Market Awaits, Calif., Phoenix, Chicago Deals

Municipal bond traders were awaiting big offerings from California, Phoenix and the Chicago Schools, all set for sale Tuesday.

Secondary Market

Treasury prices were higher Tuesday as the yield on the two-year Treasury note dropped to 0.52% from 0.53% on Monday, while the 10-year yield decreased to 1.88% from 1.90% and the 30-year yield declined to 2.55% from 2.57%.

The yield on the 10-year benchmark muni general obligation on Monday was unchanged from 1.94% on Friday, while the yield on the 30-year GO rose one basis point to 2.84% from 2.83%, according to the final read of Municipal Market Data's triple-A scale. On Monday, April 13, the yield on the 10-year muni stood at 1.97% while the yield on the 30-year was at 2.84%.

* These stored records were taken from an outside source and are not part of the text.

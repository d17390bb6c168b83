-- ===== src/Redis/State.antt =====
-- The data of pink/include/redis_parser.h: statuses, error codes, settings and the fields of
-- `RedisParser`, and the outcomes of its functions.
use pink.Base.{ℕ, List, [], Option, ℤ, pos, negsuc}
use pink.Redis.Chars.{Bytes, Argv}

-- A call returns, or it ends in a C++ exception, a failed `assert`, or (in the model alone) without
-- fuel.
pub data Run {ℓ} (A : Type ℓ) : Type ℓ where
  ok : A → Run A
  length_error assert_failed out_of_fuel : Run A

infixl 5 ◌>>=◌
abbrev pub ◌>>=◌ {ℓ κ} : {A : Type ℓ} {B : Type κ} → Run A → (A → Run B) → Run B
ok a >>= f = f a
length_error >>= f = length_error
assert_failed >>= f = assert_failed
out_of_fuel >>= f = out_of_fuel

pub data ParserStatus : Type 0 where
  parser_none init_done half done error : ParserStatus

pub data ParserError : Type 0 where
  parser_ok init_error full_error proto_error deal_error complete_error : ParserError

-- `redis_type_`: 0, REDIS_REQ_INLINE, REDIS_REQ_MULTIBULK.
pub data ReqType : Type 0 where
  undecided req_inline req_multibulk : ReqType

-- REDIS_PARSER_REQUEST and REDIS_PARSER_RESPONSE.
pub data ParserType : Type 0 where
  request response : ParserType

-- The callbacks, which may change the object `C` behind `RedisParser::data`; the number is what they
-- return. `none` is the null pointer.
pub record Settings (C : Type 0) : Type 0 where
  pub deal_message : Option (C → Argv → C × ℤ)
  pub complete : Option (C → List Argv → C × ℤ)

-- `input` is the part of `input_buf_` from `cur_pos_` on: `cur_pos_` is `length` less its length.
pub record Parser (C : Type 0) : Type 0 where
  pub settings : Settings C
  pub status_code : ParserStatus
  pub error_code : ParserError
  pub redis_type : ReqType
  pub redis_parser_type : ParserType
  pub multibulk_len : ℤ
  pub bulk_len : ℤ
  pub half_argv : Bytes
  pub argv : Argv
  pub argvs : List Argv
  pub length_ : ℕ
  pub input : Bytes
  pub data_ : C

-- A parser as its constructor leaves it.
abbrev pub fresh : {C : Type 0} → Settings C → C → Parser C
fresh settings c = record {
  settings = settings;
  status_code = parser_none;
  error_code = parser_ok;
  redis_type = undecided;
  redis_parser_type = request;
  multibulk_len = pos 0;
  bulk_len = negsuc 0;
  half_argv = [];
  argv = [];
  argvs = [];
  length_ = 0;
  input = [];
  data_ = c;
}
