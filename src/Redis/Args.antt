-- ===== src/Redis/Args.antt =====
-- `split2args` of pink/src/redis_parser.cc: the words of an inline command.
-- The two nested loops are one pass over the bytes: `Mode` says where in the loops the pass stands
-- (`blank` is the outer loop, the others are the inner one with the flags `inq` and `insq`), and
-- `skip` counts the bytes that the branch before has already moved `p` over. The end of the list is
-- the trailing '\0' of the buffer.
pub mod Words
use pink.Base.{
  ℕ, zero, suc, ◌+◌, ◌*◌, ◌%◌, Bool, true, false, not, ◌&&◌, ◌||◌, List, [], ◌∷◌, ◌++◌, Option,
  none, some, ◌==◌, if◌then◌else◌, get_or,
}
use pink.Redis.Chars.{Bytes, Argv, isspace, isxdigit, hex_digit_to_int32, escaped}

pub data Mode : Type 0 where
  blank bare inq insq : Mode

-- What one round of the inner loop does: `return -1`, `done = 1`, or go on with bytes appended to
-- `arg`, in a mode, `skip` bytes beyond the current one.
pub data Round : Type 0 where
  reject finish : Round
  next : Bytes → Mode → ℕ → Round

-- `*(p + i)` where `ahead` is what stands behind `*p`.
abbrev peek : Bytes → ℕ → ℕ
peek ahead i = get_or ahead i 0

-- A closing quote must be followed by a space or nothing at all.
pub close_quote : Bytes → Round
close_quote ahead =
    if not (peek ahead 0 == 0) && not (isspace (peek ahead 0)) then reject else finish

unfoldable pub in_double_quotes : ℕ → Bytes → Round
unfolding close_quote hex_digit_to_int32 escaped
in_double_quotes c ahead =
    if c == b'\\' && peek ahead 0 == b'x' && isxdigit (peek ahead 1) && isxdigit (peek ahead 2)
    then next
        (((hex_digit_to_int32 (peek ahead 1) * 16 + hex_digit_to_int32 (peek ahead 2)) % 256) ∷ [])
        inq 3
    else if c == b'\\' && not (peek ahead 0 == 0)
    then next (escaped (peek ahead 0) ∷ []) inq 1
    else if c == b'"'
    then close_quote ahead
    else if c == 0
    then reject
    else next (c ∷ []) inq 0

unfoldable pub in_single_quotes : ℕ → Bytes → Round
unfolding close_quote
in_single_quotes c ahead =
    if c == b'\\' && peek ahead 0 == b'\''
    then next (b'\'' ∷ []) insq 1
    else if c == b'\''
    then close_quote ahead
    else if c == 0
    then reject
    else next (c ∷ []) insq 0

unfoldable pub in_bare : ℕ → Round
in_bare c =
    if c == b' ' || c == b'\n' || c == b'\r' || c == b'\t' || c == 0
    then finish
    else if c == b'"'
    then next [] inq 0
    else if c == b'\''
    then next [] insq 0
    else next (c ∷ []) bare 0

-- One round at the byte `c`; a blank that is no token yet starts none.
unfoldable pub round : Mode → ℕ → Bytes → Round
unfolding in_double_quotes in_single_quotes in_bare
round blank c ahead = if isspace c then next [] blank 0 else in_bare c
round bare c ahead = in_bare c
round inq c ahead = in_double_quotes c ahead
round insq c ahead = in_single_quotes c ahead

-- At '\0'.
pub at_end : Mode → Bytes → Argv → Option Argv
at_end blank arg argv = some argv
at_end bare arg argv = some (argv ++ arg ∷ [])
at_end inq arg argv = none
at_end insq arg argv = none

unfoldable pub scan : Mode → Bytes → Argv → ℕ → Bytes → Option Argv
unfolding at_end round
scan m arg argv skip [] = at_end m arg argv
scan m arg argv (suc skip) (c ∷ cs) = scan m arg argv skip cs
scan m arg argv zero (c ∷ cs) =
    let stop = at_end m arg argv in
    let after = scan blank [] (argv ++ arg ∷ []) 0 cs in
    if c == 0 then stop else elim (round m c cs) [
      | reject ↦ none
      | finish ↦ after
      | next bs m' skip ↦ scan m' (arg ++ bs) argv skip cs
    ]

-- `none` is the result -1, with `argv` cleared; otherwise the words are appended to `argv`.
unfoldable pub split2args : Bytes → Argv → Option Argv
unfolding scan
split2args req_buf argv = scan blank [] argv 0 req_buf
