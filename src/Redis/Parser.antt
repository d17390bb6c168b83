-- ===== src/Redis/Parser.antt =====
-- pink/src/redis_parser.cc: the incremental parser of requests.
-- `slash::string2l` is a parameter: it is given the memory from its pointer on, and a `size_t`.
-- The two `while` loops take the number of unread bytes, plus one, as fuel: each round but the last
-- reads a byte (`Parser/Fuel`). Sizes are taken to stay below 2^31, the range of `int`.
pub mod Fuel
pub mod Total
pub mod Faults
pub mod Inline
use pink.Base.{
  ℕ, zero, suc, ◌+◌, ◌-◌, ◌*◌, ◌%◌, ◌^◌, Bool, true, false, List, [], ◌∷◌, ◌++◌, Option, none, some,
  map, ltb, ◌==◌, if◌then◌else◌, length, take, drop, get_or, not, ℤ, pos, negsuc, ◌+ℤ◌, ◌-ℤ◌, ltb_ℤ,
  eqb_ℤ,
}
use pink.Redis.Chars.{Bytes, Argv, tolower}
use pink.Redis.Args.{split2args}
use pink.Redis.State.{
  Run, ok, length_error, assert_failed, out_of_fuel, ◌>>=◌, ParserStatus, parser_none, init_done,
  half, done, error, ParserError, parser_ok, init_error, full_error, proto_error, deal_error,
  complete_error, undecided, req_inline, req_multibulk, request, response, Settings, Parser,
}

abbrev pub redis_inline_maxlen : ℕ
redis_inline_maxlen = 1024 * 64

-- The distance from `cur_pos_` to the first '\n', if there is one.
unfoldable pub find_next_separators : Bytes → Option ℕ
find_next_separators [] = none
find_next_separators (c ∷ cs) =
    let later = find_next_separators cs in
    if c == b'\n' then some 0 else elim later [ none ↦ none | some k ↦ some (suc k) ]

-- Lower case for the first word of each command.
unfoldable pub lower_name : Argv → Argv
unfolding tolower
lower_name [] = []
lower_name (name ∷ args) = map tolower name ∷ args

-- The statuses in which `ProcessInputBuffer` reads.
abbrev pub accepts_input : ParserStatus → Bool
accepts_input parser_none = false
accepts_input error = false
accepts_input _ = true

module _ {C : Type 0} where
  -- `CacheHalfArgv` moves the unread bytes aside.
  abbrev pub cache_half_argv : Parser C → Parser C
  cache_half_argv p = record p { half_argv = p.input; input = [] }

  abbrev pub set_parser_status : Parser C → ParserStatus → ParserError → Parser C
  set_parser_status p half e = record (cache_half_argv p) { status_code = half; error_code = e }
  set_parser_status p s e = record p { status_code = s; error_code = e }

  abbrev pub fail : Parser C → ParserError → Parser C
  fail p e = set_parser_status p error e

  unfoldable pub redis_parser_init : Parser C → ℕ → Settings C → Parser C
  redis_parser_init p type settings = elim p.status_code [
    | parser_none ↦
        if type == 1
        then set_parser_status (record p { redis_parser_type = request; settings = settings })
            init_done parser_ok
        else if type == 2
        then set_parser_status (record p { redis_parser_type = response; settings = settings })
            init_done parser_ok
        else fail p init_error
    | _ ↦ fail p init_error
  ]

  abbrev pub reset_command_status : Parser C → Parser C
  reset_command_status p = record p {
    redis_type = undecided;
    multibulk_len = pos 0;
    bulk_len = negsuc 0;
    half_argv = [];
  }

  abbrev pub reset_redis_parser : Parser C → Parser C
  reset_redis_parser p = record p { input = []; length_ = 0 }

  -- The words are read from `cur_pos_` to the end of the buffer, and `cur_pos_` then moves behind
  -- the first '\n'.
  unfoldable pub process_inline_buffer : Parser C → Parser C
  process_inline_buffer p = elim (find_next_separators p.input) [
    | none ↦
        if ltb redis_inline_maxlen p.length_
        then fail p full_error
        else set_parser_status p half parser_ok
    | some k ↦
        let rest = drop (suc k) p.input in
        elim (split2args p.input []) [
          | none ↦ fail (record p { argv = []; input = rest }) proto_error
          | some words ↦ set_parser_status (record p { argv = words; input = rest }) done parser_ok
        ]
  ]

  -- The loop over `argvs_` and the call of `Complete`.
  unfoldable pub complete_all : Parser C → Parser C
  unfolding lower_name
  complete_all p = elim p.settings.complete [
    | none ↦ set_parser_status (record p { argvs = [] }) done parser_ok
    | some complete ↦
        let (c, ret) = complete p.data_ (map lower_name p.argvs) in
        if eqb_ℤ ret (pos 0)
        then set_parser_status (record p { argvs = []; data_ = c }) done parser_ok
        else fail (record p { argvs = []; data_ = c }) complete_error
  ]

  -- The command in `argv_` moves to `argvs_` and goes to `DealMessage`; `false` if that refuses it.
  unfoldable pub deal_command : Parser C → Bool × Parser C
  deal_command p = elim p.argv [
    | [] ↦ (true, p)
    | _ ∷ _ ↦
        let moved = record p { argv = []; argvs = p.argvs ++ p.argv ∷ [] } in
        elim p.settings.deal_message [
          | none ↦ (true, moved)
          | some deal ↦
              let (c, ret) = deal p.data_ p.argv in
              if eqb_ℤ ret (pos 0)
              then (true, record moved { data_ = c })
              else (false, fail (record moved { data_ = c }) deal_error)
        ]
  ]

  -- What the loop does behind a command: `false` where it returns.
  unfoldable pub after_command : Parser C → Bool × Parser C
  unfolding deal_command
  after_command p = elim p.status_code [
    | done ↦
        let (accepted, q) = deal_command p in
        if accepted then (true, reset_command_status q) else (false, q)
    | _ ↦ (false, p)
  ]

  abbrev pub decide_type : Parser C → Parser C
  decide_type p = elim p.redis_type [
    | undecided ↦ elim p.input [
      | [] ↦ p
      | c ∷ _ ↦ record p { redis_type = if c == b'*' then req_multibulk else req_inline }
    ]
    | _ ↦ p
  ]

-- `slash::string2l` writes the number that the bytes spell, and says whether they spell one.
abbrev pub StringToLong : Type 0
StringToLong = Bytes → ℕ → Option ℤ

module _ (string2l : StringToLong) where
  -- `GetNextNum(pos, value)` at `pos` = `cur_pos_` + k. The length is a `size_t`.
  unfoldable pub get_next_num : Bytes → ℕ → Run (Option ℤ)
  get_next_num input k =
      if k == 0 then assert_failed else ok (string2l (drop 1 input) ((k + 2 ^ 64 - 2) % 2 ^ 64))

  module _ {C : Type 0} where
    -- The line "*N\r\n"; `true` if the loop over the bulks is to follow.
    unfoldable pub multibulk_header : Parser C → Run (Bool × Parser C)
    unfolding get_next_num
    multibulk_header p = elim (find_next_separators p.input) [
      | none ↦ ok (false, set_parser_status p half parser_ok)
      | some k ↦ get_next_num p.input k >>= elim [
        | none ↦ ok (false, fail p proto_error)
        | some n ↦
            let q = record p { multibulk_len = n; input = drop (suc k) p.input; argv = [] } in
            elim q.input [
              | [] ↦ ok (false, set_parser_status q half parser_ok)
              | _ ∷ _ ↦ ok (true, q)
            ]
      ]
    ]

    -- The line "$N\r\n".
    unfoldable pub bulk_header : Parser C → Run (Bool × Parser C)
    unfolding get_next_num
    bulk_header p = elim (find_next_separators p.input) [
      | none ↦ ok (false, set_parser_status p half parser_ok)
      | some k ↦
          if not (get_or p.input 0 0 == b'$')
          then ok (false, fail p proto_error)
          else get_next_num p.input k >>= elim [
            | none ↦ ok (false, fail p proto_error)
            | some n ↦
                let q = record p { bulk_len = n; input = drop (suc k) p.input } in
                elim q.input [
                  | [] ↦ ok (false, set_parser_status q half parser_ok)
                  | _ ∷ _ ↦ ok (true, q)
                ]
          ]
    ]

    -- The bytes of a bulk. A negative length is a huge `size_t` to the constructor of the string.
    unfoldable pub take_bulk : Parser C → Run (Bool × Parser C)
    take_bulk p =
        if ltb_ℤ (pos (length p.input)) (p.bulk_len +ℤ pos 2)
        then ok (false, set_parser_status p half parser_ok)
        else elim p.bulk_len [
          | negsuc _ ↦ length_error
          | pos n ↦ ok (
            true,
            record p {
              argv = p.argv ++ take n p.input ∷ [];
              input = drop (n + 2) p.input;
              bulk_len = negsuc 0;
              multibulk_len = p.multibulk_len -ℤ pos 1;
            },
          )
        ]

    -- One round of `while (multibulk_len_)`; `false` where the function returns.
    unfoldable pub bulk_round : Parser C → Run (Bool × Parser C)
    bulk_round p =
        if eqb_ℤ p.multibulk_len (pos 0)
        then ok (false, set_parser_status p done parser_ok)
        else if eqb_ℤ p.bulk_len (negsuc 0)
        then (bulk_header p >>= λ (go, q). (if go then take_bulk q else ok (false, q)))
        else take_bulk p

    unfoldable pub bulk_loop : ℕ → Parser C → Run (Parser C)
    bulk_loop zero p = out_of_fuel
    bulk_loop (suc fuel) p =
        bulk_round p >>= λ (go, q). elim go [ true ↦ bulk_loop fuel q | false ↦ ok q ]

    unfoldable pub process_multibulk_buffer : Parser C → Run (Parser C)
    process_multibulk_buffer p =
        if eqb_ℤ p.multibulk_len (pos 0)
        then (multibulk_header p >>= λ (go, q).
            (if go then bulk_loop (suc (length q.input)) q else ok q))
        else bulk_loop (suc (length p.input)) p

    -- One round of the loop over the commands; `false` where the function returns.
    unfoldable pub request_round : Parser C → Run (Bool × Parser C)
    request_round p =
        let q = decide_type p in
        elim q.redis_type [
          | undecided ↦ ok (false, q)
          | req_inline ↦ ok (after_command (process_inline_buffer q))
          | req_multibulk ↦ process_multibulk_buffer q >>= λ r. ok (after_command r)
        ]

    unfoldable pub request_loop : ℕ → Parser C → Run (Parser C)
    request_loop zero p = out_of_fuel
    request_loop (suc fuel) p = elim p.input [
      | [] ↦ ok (complete_all p)
      | _ ∷ _ ↦ request_round p >>= λ (go, q). elim go [ true ↦ request_loop fuel q | false ↦ ok q ]
    ]

    unfoldable pub process_request_buffer : Parser C → Run (Parser C)
    process_request_buffer p = request_loop (suc (length p.input)) p

    unfoldable pub process_input_buffer : Parser C → Bytes → Run (Parser C)
    process_input_buffer p input_buf =
        let full = p.half_argv ++ input_buf in
        let q = record p { input = full; length_ = length full } in
        if accepts_input p.status_code
        then elim p.redis_parser_type [
          | request ↦ process_request_buffer q >>= λ r. ok (reset_redis_parser r)
          | response ↦ ok (reset_redis_parser (set_parser_status q done parser_ok))
        ]
        else ok (fail p init_error)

The 10-year muni to Treasury ratio was calculated on Monday at 102.6% versus 105.0% on Friday, while the 30-year muni to Treasury ratio stood at 110.9% compared to 113.1%.

Primary Market

Leading off the new supply slate are three separate competitive offerings from California totaling $1.1 billion. The sales consist of $578.6 million of tax-exempt various purpose general obligation refunding bonds, Bid Group C; $408.6 million of tax-exempt various purpose GO refunding bonds, Bid Group B; and $105.36 million of taxable various purpose GO, Bid Group A. The bonds are rated Aa3 by Moody's Investors Service and A-plus by Standard & Poor's and Fitch Ratings.

The Golden State last sold tax-exempt bonds competitively on Nov. 13, 2014, when Bank of America Merrill Lynch won $630 million of tax-exempt various purpose GOs with a true interest cost of 2.9499%. The state last sold taxable bonds competitively on Nov. 13, 2014, when Citi won $270 million of taxable various purpose GOs with a TIC of 0.9560%.

Also slated for Tuesday is the Chicago Board of Education's $300 million of unlimited tax GOs. PNC Capital Markets is the senior manager on the deal, which is expected to include $275 million of Series 2015C project bonds and $20 million of Series 2015E green bonds, backed by dedicated alternative revenues. The issue is rated A-minus by S&P, BBB-minus by Fitch and BBB-plus by Kroll Bond Rating Agency.

The sale is coming on the heels of a spate of negative headlines surrounding the district, which is under federal investigation for the awarding of a no-bid contract.

Steep yield penalties are expected as the district's long term yields have jumped 140 basis points due to recent negative news with trading between 200 and 300 basis points above the Municipal Market Data and Municipal Market Analytics triple-A benchmarks depending on maturities.

In preliminary pricing indications on the $275 million series, the 2035 maturity for $194 million was initially offering yields of 5.53% with a 5.25% coupon and 5.38% with a 6% coupon, 281 and 266 basis points, respectively, over the MMA benchmark. The 2039 maturity for $81.5 million was offering yields of 5.62% with a 5.25% coupon and 5.32% with a 6.25% coupon, 279 and 249 basis points over MMA.

And Phoenix, Ariz., is scheduled to come to market with $391 million of tax-exempt and taxable Series 2 civic improvement subordinated excise tax revenue refunding bonds. Wells Fargo Securities is slated to price the issue. The bonds are rated Aa3 by Moody's and AA-plus by S&P.

Also this week is Washington's Energy Northwest's $888 million offering. JPMorgan is slated to price the tax-exempt and taxable bonds on Thursday in six series. The issue is rated Aa1 by Moody's, AA-minus by S&P and AA by Fitch.

And Connecticut plans to issue $250 million of green bonds to finance wastewater and drinking water infrastructure projects statewide. In what will be the Nutmeg State's first all-green bond sale, the bonds are being offered to retail investors on Monday and Tuesday ahead of the institutional pricing on Wednesday. The sale follows Connecticut's first issuance of $60 million green bonds in the Fall of 2014, which was just a small part of an overall $300 million GO sale.

Bond Buyer Visible Supply

The Bond Buyer's 30-day visible supply calendar decreased $120.7 million to $11.750 billion on Tuesday. The total is comprised of $4.003 billion competitive sales and $7.747 billion of negotiated deals.

MSRB Previous Session's Activity

The Municipal Securities Rulemaking Board reported 36,824 trades on Monday on volume of $8.273 billion.

The most active bond, based on the number of trades, was the Chicago Series 2012B taxable GO project and refunding 5.432s of 2042, which traded 167 times at an average price of 88.131 with an average yield of 6.361%. The bonds were initially priced at par to yield 5.432%.